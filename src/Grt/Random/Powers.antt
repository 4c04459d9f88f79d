-- ===== src/Grt/Random/Powers.antt =====
-- `grt_random_nth` jumps to where as many calls of `grt_random_next` arrive.
use native.Mathlib.Nat.{mul-le-mul_left}
use cluster_stm.Common.{
  ℕ, zero, suc, ◌+◌, ◌-◌, ◌*◌, ◌/◌, ◌%◌, ◌^◌, ◌<◌, ◌≤◌, ◌==◌, if◌then◌else◌, ◌≡◌, ◌∙◌, ap, refl,
  sym, inl, inr, some, arith, eq-or-ne, ==_ne,
}
use cluster_stm.Grt.Random.{
  seed, arand, high, low, cross, partial, randlc, grt_random_next, grt_random_init, nth_loop,
  grt_random_nth, then_next,
}

split : (x : ℕ) → x ≡ 2 ^ 23 * high x + low x
split x = omega arith

product :
    (a1 a2 x1 x2 z t2 : ℕ)
    → a1 * x2 + a2 * x1 ≡ 2 ^ 23 * t2 + z
    → (2 ^ 23 * a1 + a2) * (2 ^ 23 * x1 + x2) ≡ 2 ^ 46 * (a1 * x1 + t2) + (2 ^ 23 * z + a2 * x2)
product a1 a2 x1 x2 z t2 e = omega (arith, e)

remainder : (k t : ℕ) → t - 2 ^ 46 * (t / 2 ^ 46) ≡ (2 ^ 46 * k + t) % 2 ^ 46
remainder k t = omega arith

-- In halves of 23 bits, one step is a product modulo 2^46.
pub randlc-eq : (x a : ℕ) → randlc x a ≡ a * x % 2 ^ 46
unfolding randlc
randlc-eq x a =
    let t2 = high (cross x a) in
    remainder (high a * high x + t2) (partial x a)
    ∙ ap (λ (y : ℕ). y % 2 ^ 46)
        (sym (product (high a) (low a) (high x) (low x) (low (cross x a)) t2 (split (cross x a)))
          ∙ rw (sym (split a), sym (split x)) refl)

le_of : (n : ℕ) → n < 2 ^ 23 → n ≤ 2 ^ 23
le_of n small = omega arith

product-bound : (m n : ℕ) → m < 2 ^ 23 → n < 2 ^ 23 → m * n < 2 ^ 46
product-bound m n small small' = omega (arith, mul-le-mul_left {n = 2 ^ 23} m (le_of n small'))

-- The sums of products are below 2^53, so doubles hold them exactly.
partial-exact : (x a : ℕ) → x < 2 ^ 46 → a < 2 ^ 46 → (cross x a < 2 ^ 53) × (partial x a < 2 ^ 53)
partial-exact x a xs small = (
  omega (
    arith,
    product-bound (high a) (low x) (omega arith) (omega arith),
    product-bound (low a) (high x) (omega arith) (omega arith),
  ),
  omega (arith, product-bound (low a) (low x) (omega arith) (omega arith)),
)

congruent : (u v p q : ℕ) → u + 2 ^ 46 * p ≡ v + 2 ^ 46 * q → u % 2 ^ 46 ≡ v % 2 ^ 46
congruent u v p q e = omega (arith, e)

-- One step by `m`-fold products of both ways to multiply three numbers.
squared :
    (t c q r q' r' : ℕ)
    → t * t ≡ 2 ^ 46 * q + r
    → t * c ≡ 2 ^ 46 * q' + r'
    → r * c + 2 ^ 46 * (q * c) ≡ t * r' + 2 ^ 46 * (q' * t)
squared t c q r q' r' e e' = omega (arith, ap (λ (y : ℕ). y * c) e, ap (λ (y : ℕ). t * y) e')

-- A step by the square is two steps.
randlc-square : (c t : ℕ) → randlc c (randlc t t) ≡ randlc (randlc c t) t
randlc-square c t =
    rw (randlc-eq c (randlc t t), randlc-eq t t, randlc-eq (randlc c t) t, randlc-eq c t)
      (congruent (t * t % 2 ^ 46 * c) (t * (t * c % 2 ^ 46)) (t * t / 2 ^ 46 * c)
        (t * c / 2 ^ 46 * t)
        (squared t c (t * t / 2 ^ 46) (t * t % 2 ^ 46) (t * c / 2 ^ 46) (t * c % 2 ^ 46)
          (omega arith) (omega arith)))

module _ (f : ℕ → ℕ) where
  -- `f`, `n` times.
  abbrev pub repeat : ℕ → ℕ → ℕ
  repeat zero c = c
  repeat (suc n) c = repeat n (f c)

  repeat_last : (n c : ℕ) → repeat n (f c) ≡ f (repeat n c)
  repeat_last zero c = refl
  repeat_last (suc n) c = repeat_last n (f c)

repeat-square :
    (t i c : ℕ) → repeat (λ x. randlc x (randlc t t)) i c ≡ repeat (λ x. randlc x t) (i + i) c
repeat-square t zero c = refl
repeat-square t (suc i) c =
    let twice : suc i + suc i ≡ suc (suc (i + i)) = omega arith in
    repeat-square t i (randlc c (randlc t t)) ∙ rw (twice, randlc-square c t) refl

-- What is left after two steps for each half, and one for the odd bit.
halved :
    (n t c : ℕ)
    → repeat (λ x. randlc x t) (n / 2 + n / 2) (if 2 * (n / 2) == n then c else randlc c t)
      ≡ repeat (λ x. randlc x t) n c
halved n t c = elim (eq-or-ne (2 * (n / 2)) n) [
  | inl e ↦ let even : n / 2 + n / 2 ≡ n = omega (arith, e) in rw (e, even) (ground arith)
  | inr ne ↦
      let odd : n ≡ suc (n / 2 + n / 2) = omega (arith, ne) in
      rw (==_ne (2 * (n / 2)) n ne) (ap (λ (m : ℕ). repeat (λ x. randlc x t) m c) (sym odd))
]

nth_loop-eq :
    (f n t c : ℕ) → n < 2 ^ f → nth_loop (suc f) n t c ≡ some (repeat (λ x. randlc x t) n c)
unfolding nth_loop
nth_loop-eq zero n t c small = let none_left : n ≡ 0 = omega arith in rw none_left refl
nth_loop-eq (suc f) n t c small = elim (eq-or-ne n 0) [
  | inl e ↦ rw e refl
  | inr ne ↦
      let next = if 2 * (n / 2) == n then c else randlc c t in
      rw (==_ne n 0 ne) (
        nth_loop-eq f (n / 2) (randlc t t) next (omega arith)
        ∙ ap (λ (x : ℕ). some x) (repeat-square t (n / 2) next ∙ halved n t c))
]

-- `grt_random_nth n` ends, and what it leaves in `cursorVal`, and returns, is what `n` calls of
-- `grt_random_next` after `grt_random_init` leave. (`n` is a non-negative 64-bit number.)
pub grt_random_nth-next :
    (n : ℕ) → n < 2 ^ 63 → grt_random_nth n ≡ some (repeat grt_random_next n grt_random_init)
unfolding grt_random_nth grt_random_init grt_random_next
grt_random_nth-next n small =
    ap then_next (nth_loop-eq 63 n arand seed small)
    ∙ ap (λ (c : ℕ). some c) (sym (repeat_last grt_random_next n seed))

Activity: All of the material above should be printed again exactly as it is.

Your response:
filename src/Grt/Random/Powers.antt
repository 4c04459d9f88f79d
-- ===== src/Grt/Random/Powers.antt =====
-- `grt_random_nth` jumps to where as many calls of `grt_random_next` arrive.
use native.Mathlib.Nat.{mul-le-mul_left}
use cluster_stm.Common.{
  ℕ, zero, suc, ◌+◌, ◌-◌, ◌*◌, ◌/◌, ◌%◌, ◌^◌, ◌<◌, ◌≤◌, ◌==◌, if◌then◌else◌, ◌≡◌, ◌∙◌, ap, refl,
  sym, inl, inr, some, arith, eq-or-ne, ==_ne,
}
use cluster_stm.Grt.Random.{
  seed, arand, high, low, cross, partial, randlc, grt_random_next, grt_random_init, nth_loop,
  grt_random_nth, then_next,
}

split : (x : ℕ) → x ≡ 2 ^ 23 * high x + low x
split x = omega arith

product :
    (a1 a2 x1 x2 z t2 : ℕ)
    → a1 * x2 + a2 * x1 ≡ 2 ^ 23 * t2 + z
    → (2 ^ 23 * a1 + a2) * (2 ^ 23 * x1 + x2) ≡ 2 ^ 46 * (a1 * x1 + t2) + (2 ^ 23 * z + a2 * x2)
product a1 a2 x1 x2 z t2 e = omega (arith, e)

remainder : (k t : ℕ) → t - 2 ^ 46 * (t / 2 ^ 46) ≡ (2 ^ 46 * k + t) % 2 ^ 46
remainder k t = omega arith

-- In halves of 23 bits, one step is a product modulo 2^46.
pub randlc-eq : (x a : ℕ) → randlc x a ≡ a * x % 2 ^ 46
unfolding randlc
randlc-eq x a =
    let t2 = high (cross x a) in
    remainder (high a * high x + t2) (partial x a)
    ∙ ap (λ (y : ℕ). y % 2 ^ 46)
        (sym (product (high a) (low a) (high x) (low x) (low (cross x a)) t2 (split (cross x a)))
          ∙ rw (sym (split a), sym (split x)) refl)

le_of : (n : ℕ) → n < 2 ^ 23 → n ≤ 2 ^ 23
le_of n small = omega arith

product-bound : (m n : ℕ) → m < 2 ^ 23 → n < 2 ^ 23 → m * n < 2 ^ 46
product-bound m n small small' = omega (arith, mul-le-mul_left {n = 2 ^ 23} m (le_of n small'))

-- The sums of products are below 2^53, so doubles hold them exactly.
partial-exact : (x a : ℕ) → x < 2 ^ 46 → a < 2 ^ 46 → (cross x a < 2 ^ 53) × (partial x a < 2 ^ 53)
partial-exact x a xs small = (
  omega (
    arith,
    product-bound (high a) (low x) (omega arith) (omega arith),
    product-bound (low a) (high x) (omega arith) (omega arith),
  ),
  omega (arith, product-bound (low a) (low x) (omega arith) (omega arith)),
)

congruent : (u v p q : ℕ) → u + 2 ^ 46 * p ≡ v + 2 ^ 46 * q → u % 2 ^ 46 ≡ v % 2 ^ 46
congruent u v p q e = omega (arith, e)

-- One step by `m`-fold products of both ways to multiply three numbers.
squared :
    (t c q r q' r' : ℕ)
    → t * t ≡ 2 ^ 46 * q + r
    → t * c ≡ 2 ^ 46 * q' + r'
    → r * c + 2 ^ 46 * (q * c) ≡ t * r' + 2 ^ 46 * (q' * t)
squared t c q r q' r' e e' = omega (arith, ap (λ (y : ℕ). y * c) e, ap (λ (y : ℕ). t * y) e')

-- A step by the square is two steps.
randlc-square : (c t : ℕ) → randlc c (randlc t t) ≡ randlc (randlc c t) t
randlc-square c t =
    rw (randlc-eq c (randlc t t), randlc-eq t t, randlc-eq (randlc c t) t, randlc-eq c t)
      (congruent (t * t % 2 ^ 46 * c) (t * (t * c % 2 ^ 46)) (t * t / 2 ^ 46 * c)
        (t * c / 2 ^ 46 * t)
        (squared t c (t * t / 2 ^ 46) (t * t % 2 ^ 46) (t * c / 2 ^ 46) (t * c % 2 ^ 46)
          (omega arith) (omega arith)))

module _ (f : ℕ → ℕ) where
  -- `f`, `n` times.
  abbrev pub repeat : ℕ → ℕ → ℕ
  repeat zero c = c
  repeat (suc n) c = repeat n (f c)

  repeat_last : (n c : ℕ) → repeat n (f c) ≡ f (repeat n c)
  repeat_last zero c = refl
  repeat_last (suc n) c = repeat_last n (f c)

repeat-square :
    (t i c : ℕ) → repeat (λ x. randlc x (randlc t t)) i c ≡ repeat (λ x. randlc x t) (i + i) c
repeat-square t zero c = refl
repeat-square t (suc i) c =
    let twice : suc i + suc i ≡ suc (suc (i + i)) = omega arith in
    repeat-square t i (randlc c (randlc t t)) ∙ rw (twice, randlc-square c t) refl

-- What is left after two steps for each half, and one for the odd bit.
halved :
    (n t c : ℕ)
    → repeat (λ x. randlc x t) (n / 2 + n / 2) (if 2 * (n / 2) == n then c else randlc c t)
      ≡ repeat (λ x. randlc x t) n c
halved n t c = elim (eq-or-ne (2 * (n / 2)) n) [
  | inl e ↦ let even : n / 2 + n / 2 ≡ n = omega (arith, e) in rw (e, even) (ground arith)
  | inr ne ↦
      let odd : n ≡ suc (n / 2 + n / 2) = omega (arith, ne) in
      rw (==_ne (2 * (n / 2)) n ne) (ap (λ (m : ℕ). repeat (λ x. randlc x t) m c) (sym odd))
]

nth_loop-eq :
    (f n t c : ℕ) → n < 2 ^ f → nth_loop (suc f) n t c ≡ some (repeat (λ x. randlc x t) n c)
unfolding nth_loop
nth_loop-eq zero n t c small = let none_left : n ≡ 0 = omega arith in rw none_left refl
nth_loop-eq (suc f) n t c small = elim (eq-or-ne n 0) [
  | inl e ↦ rw e refl
  | inr ne ↦
      let next = if 2 * (n / 2) == n then c else randlc c t in
      rw (==_ne n 0 ne) (
        nth_loop-eq f (n / 2) (randlc t t) next (omega arith)
        ∙ ap (λ (x : ℕ). some x) (repeat-square t (n / 2) next ∙ halved n t c))
]

-- `grt_random_nth n` ends, and what it leaves in `cursorVal`, and returns, is what `n` calls of
-- `grt_random_next` after `grt_random_init` leave. (`n` is a non-negative 64-bit number.)
pub grt_random_nth-next :
    (n : ℕ) → n < 2 ^ 63 → grt_random_nth n ≡ some (repeat grt_random_next n grt_random_init)
unfolding grt_random_nth grt_random_init grt_random_next
grt_random_nth-next n small =
    ap then_next (nth_loop-eq 63 n arand seed small)
    ∙ ap (λ (c : ℕ). some c) (sym (repeat_last grt_random_next n seed))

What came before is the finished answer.